Die Konditionierung der 200 mg LiChrolut^®EN Festphasenkartusche erfolgte mit 2 ml Methanol und 2 ml Phosphatpuffer pH 9. Nach Aufgabe von 1 ml der Probe bestand der Waschschritt in der Zugabe von 0,7 ml Aqua tridest. Nachfolgend wurde die Probe mit 1 ml Methanol und 1 ml Phosphatpuffer pH 2 eluiert.

Die Optimierung dieser Ausgangsbedingungen fand schrittweise statt. Verschiedene Festphasenkartuschen, Konditionierungslösungen, Waschlösungen und –volumina sowie unterschiedliche Elutionsmittel, wurden erprobt. Es folgte eine Untersuchung der Probenaufgabelösung, der Wasch- und der Elutionslösung.

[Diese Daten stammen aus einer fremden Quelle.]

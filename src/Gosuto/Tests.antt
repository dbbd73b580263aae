-- ===== src/Gosuto/Tests.antt =====
-- The validation of one configuration, with a tool server, a gateway, a trusted peer and a message target.
use ruriko.Prelude.{false, true, [], ◌∷◌, ◌++◌, map, ◌≡◌, refl, some}
use ruriko.Prelude.Int.{pos}
use ruriko.Prelude.Text.{trim_space}
use ruriko.Json.{end}
use ruriko.Gosuto.Types.{Config, Gateway, McpServer}
use ruriko.Gosuto.Check.{◌also◌, duplicate_name}
use ruriko.Gosuto.Check.Passes.{Distinct}
use ruriko.Gosuto.Validate.{validate}
use ruriko.Gosuto.Validate.Sections.{name_of_mcp, name_of_gateway, alias_of, validate_supervised}
use ruriko.Gosuto.Validate.Names.{tuples, validate-Distinct}

abbrev finder : McpServer
finder = record { name = "search"; command = "npx"; args = []; env = []; auto_restart = true }

abbrev ticker : Gateway
ticker = record {
  name = "ticker";
  kind = "cron";
  command = "";
  args = [];
  env = [];
  config = ("expression", "*/5 * * * *") ∷ [];
  auto_restart = false;
}

abbrev cfg : Config
cfg = record {
  api_version = "gosuto/v1";
  metadata = record { name = "saito"; template = ""; canonical_name = ""; description = "" };
  limits = record {
    max_requests_per_minute = pos 10;
    max_tokens_per_request = pos 0;
    max_concurrent_requests = pos 0;
    max_monthly_cost_is_negative = false;
    max_events_per_minute = pos 0;
  };
  approvals = record { enabled = true; room = "!a"; approvers = []; ttl_seconds = 60 };
  mcps = finder ∷ [];
  gateways = ticker ∷ [];
  secrets = record { name = "key"; env_var = "KEY"; required = true } ∷ [];
  temperature_in_range = some true;
  instructions = record { role = ""; workflow = []; user = ""; peers = [] };
  workflow = record { schemas = record { definitions = end; duplicates = [] }; protocols = [] };
  trust = record {
    allowed_rooms = "!a" ∷ [];
    allowed_senders = "*" ∷ [];
    require_e2ee = false;
    admin_room = "!a";
    trusted_peers =
        record { mxid = "@kumo"; room_id = "!r"; alias = "kumo"; protocols = "ask" ∷ "tell" ∷ [] }
        ∷ [];
  };
  capabilities = [];
  messaging = record {
    allowed_targets = record { room_id = "!r"; alias = "kumo" } ∷ [];
    max_messages_per_minute = pos 5;
  };
}

test_shared_name :
    validate_supervised (finder ∷ []) (
      record {
        name = "search";
        kind = "cron";
        command = "";
        args = [];
        env = [];
        config = ("expression", "*/5 * * * *") ∷ [];
        auto_restart = false;
      }
      ∷ [])
    ≡ some duplicate_name
unfolding validate_supervised ◌also◌ trim_space
test_shared_name = refl

validate-Distinct_example :
    Distinct (map name_of_mcp cfg.mcps ++ map name_of_gateway cfg.gateways)
    × (Distinct (tuples cfg.trust.trusted_peers)
        × Distinct (map alias_of cfg.messaging.allowed_targets))
unfolding validate ◌also◌ trim_space
validate-Distinct_example = validate-Distinct cfg refl
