-- ===== src/Mib/Delete.antt =====
-- Removal, `mib_tree_node_search`, `__mib_tree_delete` and `mib_node_unreg` of core/mib_tree.c.
pub mod Walk
pub mod Steps
pub mod Free
pub mod Effect
pub mod Missing
use smartsnmp.Base.{ℕ, zero, suc, ◌+◌, List, [], ◌∷◌, ◌++◌, Option, none, some}
use smartsnmp.Base.{ltb, leb, if◌then◌else◌, length}
use smartsnmp.Mib.Node.{Node, group_node, instance_node, Subs, found, vacant, null}
use smartsnmp.Mib.Node.{sub_ptr, sub_id_cnt, set_ptr, slot_of, group_node_shrink}

-- What `mib_tree_node_search` returns: a null pointer, or the child of the pair, with the indices
-- that lead from the root to it. The last of them is `sub_idx`, in the node that the others lead to,
-- `parent`; no index is the root itself.
pub data Search : Type 0 where
  miss : Search
  hit : List ℕ → Node → Search

unfoldable pub under : ℕ → Search → Search
under i miss = miss
under i (hit path n) = hit (i ∷ path) n

-- An instance node is found at its object identifier, and with one more sub-identifier behind it.
unfoldable pub mib_tree_node_search : List ℕ → Node → Search
unfolding under slot_of
mib_tree_node_search [] node = hit [] node
mib_tree_node_search (id ∷ oid) (instance_node c) = elim oid [
  | [] ↦ hit [] (instance_node c)
  | _ ↦ miss
]
mib_tree_node_search (id ∷ oid) (group_node room s) = elim (slot_of id s) [
  | found i n ↦ under i (mib_tree_node_search oid n)
  | vacant i ↦ miss
  | null ↦ miss
]

-- `group_node_shrink(pair->parent, pair->sub_idx)`
unfoldable pub shrink_at : List ℕ → Node → Node
unfolding group_node_shrink set_ptr sub_ptr
shrink_at [] node = node
shrink_at (i ∷ path) (instance_node c) = instance_node c
shrink_at (i ∷ []) (group_node room s) = group_node room (group_node_shrink i s)
shrink_at (i ∷ j ∷ path) (group_node room s) = elim (sub_ptr s i) [
  | none ↦ group_node room s
  | some n ↦ group_node room (set_ptr i (shrink_at (j ∷ path) n) s)
]

-- `mib_group_node_delete`, and `mib_instance_node_delete` with the handler that it unreferences.
pub data Event : Type 0 where
  free_group : Event
  unref : ℕ → Event

-- A `struct node_backlog`: a group, and the index to go on with, `none` for -1.
abbrev pub Backlog : Type 0
Backlog = Node × Option ℕ

-- `nbl_push` on a stack of MIB_OID_MAX_LEN entries: a full stack drops the entry.
unfoldable pub nbl_push : {A : Type 0} → A → List A → List A
nbl_push nbl stk = if ltb (length stk) 64 then nbl ∷ stk else stk

-- The index to visit: that of the popped entry, or the first.
unfoldable pub index_of : Option (Option ℕ) → Option ℕ
index_of none = some 0
index_of (some n_idx) = n_idx

-- The index to backlog.
unfoldable pub next_idx : ℕ → Subs → Option ℕ
next_idx i s = if leb (sub_id_cnt s) (i + 1) then none else some (i + 1)

-- The loop of `__mib_tree_delete` on fuel, over `node` (`here`), `p_nbl`, the stack and what has been freed;
-- `none` means that the fuel ran out.
unfoldable pub free_loop :
    ℕ → Option Node → Option (Option ℕ) → List Backlog → List Event → Option (List Event)
unfolding nbl_push index_of next_idx sub_ptr
free_loop zero here p_nbl stk freed = none
free_loop (suc fuel) here p_nbl stk freed =
    let pop : List Event → Option (List Event) = λ freed'. elim stk [
      | [] ↦ some freed'
      | (n, k) ∷ rest ↦ free_loop fuel (some n) (some k) rest freed'
    ] in
    elim here [
      | none ↦ pop freed
      | some (instance_node c) ↦ pop (freed ++ (unref c ∷ []))
      | some (group_node room s) ↦ elim (index_of p_nbl) [
        | none ↦ pop (freed ++ (free_group ∷ []))
        | some i ↦
            free_loop fuel (sub_ptr s i) none (nbl_push (group_node room s, next_idx i s) stk) freed
      ]
    ]

-- The root and what was freed; the root node itself is not deleted.
unfoldable pub mib_tree_delete : ℕ → Node → Search → Option (Node × List Event)
mib_tree_delete fuel root miss = some (root, [])
mib_tree_delete fuel root (hit [] n) = some (root, [])
mib_tree_delete fuel root (hit (i ∷ path) n) = elim (free_loop fuel (some n) none [] []) [
  | none ↦ none
  | some freed ↦ some (shrink_at (i ∷ path) root, freed)
]

unfoldable pub mib_node_unreg : ℕ → List ℕ → Node → Option (Node × List Event)
mib_node_unreg fuel oid root = mib_tree_delete fuel root (mib_tree_node_search oid root)
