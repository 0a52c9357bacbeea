-- ===== src/Mib/Node/Spec.antt =====
-- What a MIB tree stands for, independent of its arrays: the handler registered at an object
-- identifier, and the well-formedness of the nodes.
use smartsnmp.Base.{true}
use smartsnmp.Base.{
  Bool, false, ◌&&◌, ℕ, subst, Bool-cases, inl, inr, ◌≡◌, refl, ◌≤◌, ◌<◌, List, [], ◌∷◌, Option,
  none, some, ◌==◌, if◌then◌else◌, All,
}
use smartsnmp.Mib.Node.{Node, group_node, instance_node, Subs, nil, cons, sub_ids, sub_id_cnt}

-- The child with a sub-identifier, by a linear search.
unfoldable pub find : ℕ → Subs → Option Node
find id nil = none
find id (cons k n s) = if k == id then some n else find id s

-- The node at an object identifier.
unfoldable pub node_at : Node → List ℕ → Option Node
unfolding find
node_at node [] = some node
node_at (instance_node c) (x ∷ oid) = none
node_at (group_node room s) (x ∷ oid) = elim (find x s) [ none ↦ none | some n ↦ node_at n oid ]

-- The handler registered at an object identifier.
unfoldable pub handler_at : Node → List ℕ → Option ℕ
unfolding find
handler_at (instance_node c) [] = some c
handler_at (group_node room s) [] = none
handler_at (instance_node c) (x ∷ oid) = none
handler_at (group_node room s) (x ∷ oid) = elim (find x s) [
  | none ↦ none
  | some n ↦ handler_at n oid
]

abbrev mutual
  -- The sub-identifiers of every group ascend, no two equal.
  pub IsTree : Node → Type 0
  IsTree (group_node room s) = IsForest s
  IsTree (instance_node c) = Unit {0}

  pub IsForest : Subs → Type 0
  IsForest nil = Unit {0}
  IsForest (cons id n s) = All (λ k. id < k) (sub_ids s) × IsTree n × IsForest s

abbrev mutual
  -- The arrays of every group have room for its entries.
  pub HasRoom : Node → Type 0
  HasRoom (group_node room s) = (1 ≤ room) × (sub_id_cnt s ≤ room) × AllRoom s
  HasRoom (instance_node c) = Unit {0}

  pub AllRoom : Subs → Type 0
  AllRoom nil = Unit {0}
  AllRoom (cons id n s) = HasRoom n × AllRoom s

-- One step into a group, by what is found there.
module _ (room y : ℕ) (q : List ℕ) (s : Subs) where
  pub handler_at_step :
      (n : Node) → find y s ≡ some n → handler_at (group_node room s) (y ∷ q) ≡ handler_at n q
  unfolding handler_at
  handler_at_step n e = rw (handler_at, e) refl

  pub handler_at_miss : find y s ≡ none → handler_at (group_node room s) (y ∷ q) ≡ none
  unfolding handler_at
  handler_at_miss e = rw (handler_at, e) refl

  pub node_at_step :
      (n : Node) → find y s ≡ some n → node_at (group_node room s) (y ∷ q) ≡ node_at n q
  unfolding node_at
  node_at_step n e = rw (node_at, e) refl

  pub node_at_miss : find y s ≡ none → node_at (group_node room s) (y ∷ q) ≡ none
  unfolding node_at
  node_at_miss e = rw (node_at, e) refl

-- Groups that find the same child answer alike.
pub handler_at-congr :
    (room room' y : ℕ) (q : List ℕ) (s s' : Subs)
    → find y s ≡ find y s'
    → handler_at (group_node room s) (y ∷ q) ≡ handler_at (group_node room' s') (y ∷ q)
unfolding handler_at
handler_at-congr room room' y q s s' e = cc

-- The child that is found is a tree.
pub find-IsTree : (s : Subs) (id : ℕ) (n : Node) → IsForest s → find id s ≡ some n → IsTree n
unfolding find
find-IsTree nil id n h e = cc
find-IsTree (cons k m s) id n h e = elim (Bool-cases (k == id)) [
  | inl t ↦ (let p : some m ≡ some n = rw t at e in let q : m ≡ n = cc in subst IsTree q h.1)
  | inr f ↦ find-IsTree s id n h.2 (rw f at e)
]

-- `a` is a prefix of `b`, as a test.
unfoldable pub covers : List ℕ → List ℕ → Bool
covers [] b = true
covers (x ∷ a) [] = false
covers (x ∷ a) (y ∷ b) = (x == y) && covers a b
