-- ===== src/Oid/BinarySearch/Correct.antt =====
-- The binary search by its loop invariant.
use smartsnmp.Base.{ℕ, zero, suc, ◌+◌, ◌-◌, ◌≡◌, ◌≤◌, ◌<◌, ◌≢◌, ◌⊎◌, inl, inr, subst, arith}
use smartsnmp.Base.{List, length, get_or, ltb, ltb→lt, ltb-false, Bool-cases}
use smartsnmp.Base.Int.{pos, negsuc}
use smartsnmp.Oid.BinarySearch.{midpoint, search_loop, oid_binary_search}

-- The sub-identifiers are in ascending order, no two equal.
abbrev pub IsAscending : List ℕ → Type 0
IsAscending arr = (i j : ℕ) → i < j → j < length arr → get_or arr i 0 < get_or arr j 0

-- `next` splits the array: not above `oid` before it, above `oid` from it on.
pub record Splits (arr : List ℕ) (oid next : ℕ) : Type 0 where
  pub inside : next ≤ length arr
  pub below : (i : ℕ) → i < next → get_or arr i 0 ≤ oid
  pub above : (i : ℕ) → next ≤ i → i < length arr → oid < get_or arr i 0

-- The loop reads only inside the range, so inside the array.
pub midpoint_bounds :
    (next high : ℕ) → next < high → (next ≤ midpoint next high) × (midpoint next high < high)
unfolding midpoint
midpoint_bounds next high h = omega arith

fuel_below :
    (next high fuel : ℕ) → next < high → high - next < suc fuel → midpoint next high - next < fuel
fuel_below next high fuel h f = omega (arith, midpoint_bounds next high h)

fuel_above :
    (next high fuel : ℕ)
    → next < high
    → high - next < suc fuel
    → high - (midpoint next high + 1) < fuel
fuel_above next high fuel h f = omega (arith, midpoint_bounds next high h)

module _ (arr : List ℕ) (oid : ℕ) (sorted : IsAscending arr) where
  record Inv (next high : ℕ) : Type 0 where
    ordered : next ≤ high
    inside : high ≤ length arr
    below : (i : ℕ) → i < next → get_or arr i 0 ≤ oid
    above : (i : ℕ) → high ≤ i → i < length arr → oid < get_or arr i 0

  go_below :
      (next mid high : ℕ)
      → next ≤ mid
      → mid < high
      → oid < get_or arr mid 0
      → Inv next high
      → Inv next mid
  go_below next mid high a b c inv = record {
    ordered = a;
    inside = omega arith;
    below = inv.below;
    above = λ i p q. grind (arith, sorted mid i);
  }

  go_above :
      (next mid high : ℕ)
      → next ≤ mid
      → mid < high
      → get_or arr mid 0 ≤ oid
      → Inv next high
      → Inv (mid + 1) high
  go_above next mid high a b c inv = record {
    ordered = omega arith;
    inside = inv.inside;
    below = λ i p. grind (arith, sorted i mid);
    above = inv.above;
  }

  below_ok :
      (next high : ℕ)
      → next < high
      → oid < get_or arr (midpoint next high) 0
      → Inv next high
      → Inv next (midpoint next high)
  below_ok next high h c inv =
      let (a, b) = midpoint_bounds next high h in go_below next (midpoint next high) high a b c inv

  above_ok :
      (next high : ℕ)
      → next < high
      → get_or arr (midpoint next high) 0 ≤ oid
      → Inv next high
      → Inv (midpoint next high + 1) high
  above_ok next high h c inv =
      let (a, b) = midpoint_bounds next high h in go_above next (midpoint next high) high a b c inv

  search_loop-Splits :
      (fuel next high : ℕ)
      → high - next < fuel
      → Inv next high
      → Splits arr oid (search_loop fuel arr oid next high)
  unfolding search_loop
  search_loop-Splits zero next high f inv = absurd (omega arith)
  search_loop-Splits (suc fuel) next high f inv = elim (Bool-cases (ltb next high)) [
    | inl lt ↦ rw lt (elim (Bool-cases (ltb oid (get_or arr (midpoint next high) 0))) [
      | inl p ↦ rw p (
          search_loop-Splits fuel next (midpoint next high)
            (fuel_below next high fuel (ltb→lt _ _ lt) f)
            (below_ok next high (ltb→lt _ _ lt) (ltb→lt _ _ p) inv))
      | inr p ↦ rw p (
          search_loop-Splits fuel (midpoint next high + 1) high
            (fuel_above next high fuel (ltb→lt _ _ lt) f)
            (above_ok next high (ltb→lt _ _ lt) (ltb-false _ _ p) inv))
    ])
    | inr ge ↦ rw ge (record {
      inside = omega (arith, inv.ordered, inv.inside);
      below = inv.below;
      above = λ i p q. inv.above i (omega (arith, ltb-false _ _ ge)) q;
    })
  ]

  Splits-search : Splits arr oid (search_loop (length arr + 1) arr oid 0 (length arr))
  Splits-search = search_loop-Splits (length arr + 1) 0 (length arr) (omega arith) (record {
    ordered = omega arith;
    inside = omega arith;
    below = λ i p. absurd (omega arith);
    above = λ i p q. absurd (omega arith);
  })

  -- A result `i >= 0` is the index of the sub-identifier.
  pub search-pos :
      (i : ℕ) → oid_binary_search arr oid ≡ pos i → (i < length arr) × (get_or arr i 0 ≡ oid)
  unfolding oid_binary_search
  search-pos i e = ground (arith, Splits-search)

  neg_inversion :
      (n : ℕ)
      → oid_binary_search arr oid ≡ negsuc n
      → (search_loop (length arr + 1) arr oid 0 (length arr) ≡ n)
        × ((n ≡ 0) ⊎ (get_or arr (n - 1) 0 ≢ oid))
  unfolding oid_binary_search
  neg_inversion n e = ground arith

  below_missing :
      (n i : ℕ) → get_or arr (n - 1) 0 < oid → n ≤ length arr → i < n → get_or arr i 0 < oid
  below_missing n i h inside p = grind (arith, sorted i (n - 1))

  missing :
      (n : ℕ)
      → Splits arr oid n
      → (n ≡ 0) ⊎ (get_or arr (n - 1) 0 ≢ oid)
      → (n ≤ length arr)
        × ((i : ℕ) → i < n → get_or arr i 0 < oid)
        × ((i : ℕ) → n ≤ i → i < length arr → oid < get_or arr i 0)
  missing n s (inl z) = (s.inside, λ i p. absurd (omega arith), s.above)
  missing n s (inr ne) = (
    s.inside,
    λ i p. below_missing n i (omega (arith, s.below (n - 1) (omega arith), ne)) s.inside p,
    s.above,
  )

  -- A negative result -n - 1 says that `oid` is missing, and that its place is at `n`.
  pub search-neg :
      (n : ℕ)
      → oid_binary_search arr oid ≡ negsuc n
      → (n ≤ length arr)
        × ((i : ℕ) → i < n → get_or arr i 0 < oid)
        × ((i : ℕ) → n ≤ i → i < length arr → oid < get_or arr i 0)
  search-neg n e =
      let (last, why) = neg_inversion n e in
      missing n (subst (λ k. Splits arr oid k) last Splits-search) why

3.1.3.1.1. Festphasenextraktionssäulen

Neben den LiChrolut^®EN Festphasenkartuschen wurden die Kartuschen LiChrolut^® RP-18 (Merck, Darmstadt), Chromabond^® SA, Chromabond^® SiOH (beide Macherey- Nagel, Düren), sowie Speedisk^® Column H2O-Philic Sc-DVB (J. T. Baker, Phillipsburg, USA) auf ihre Adsorptionseigenschaften gegenüber Iohexol überprüft.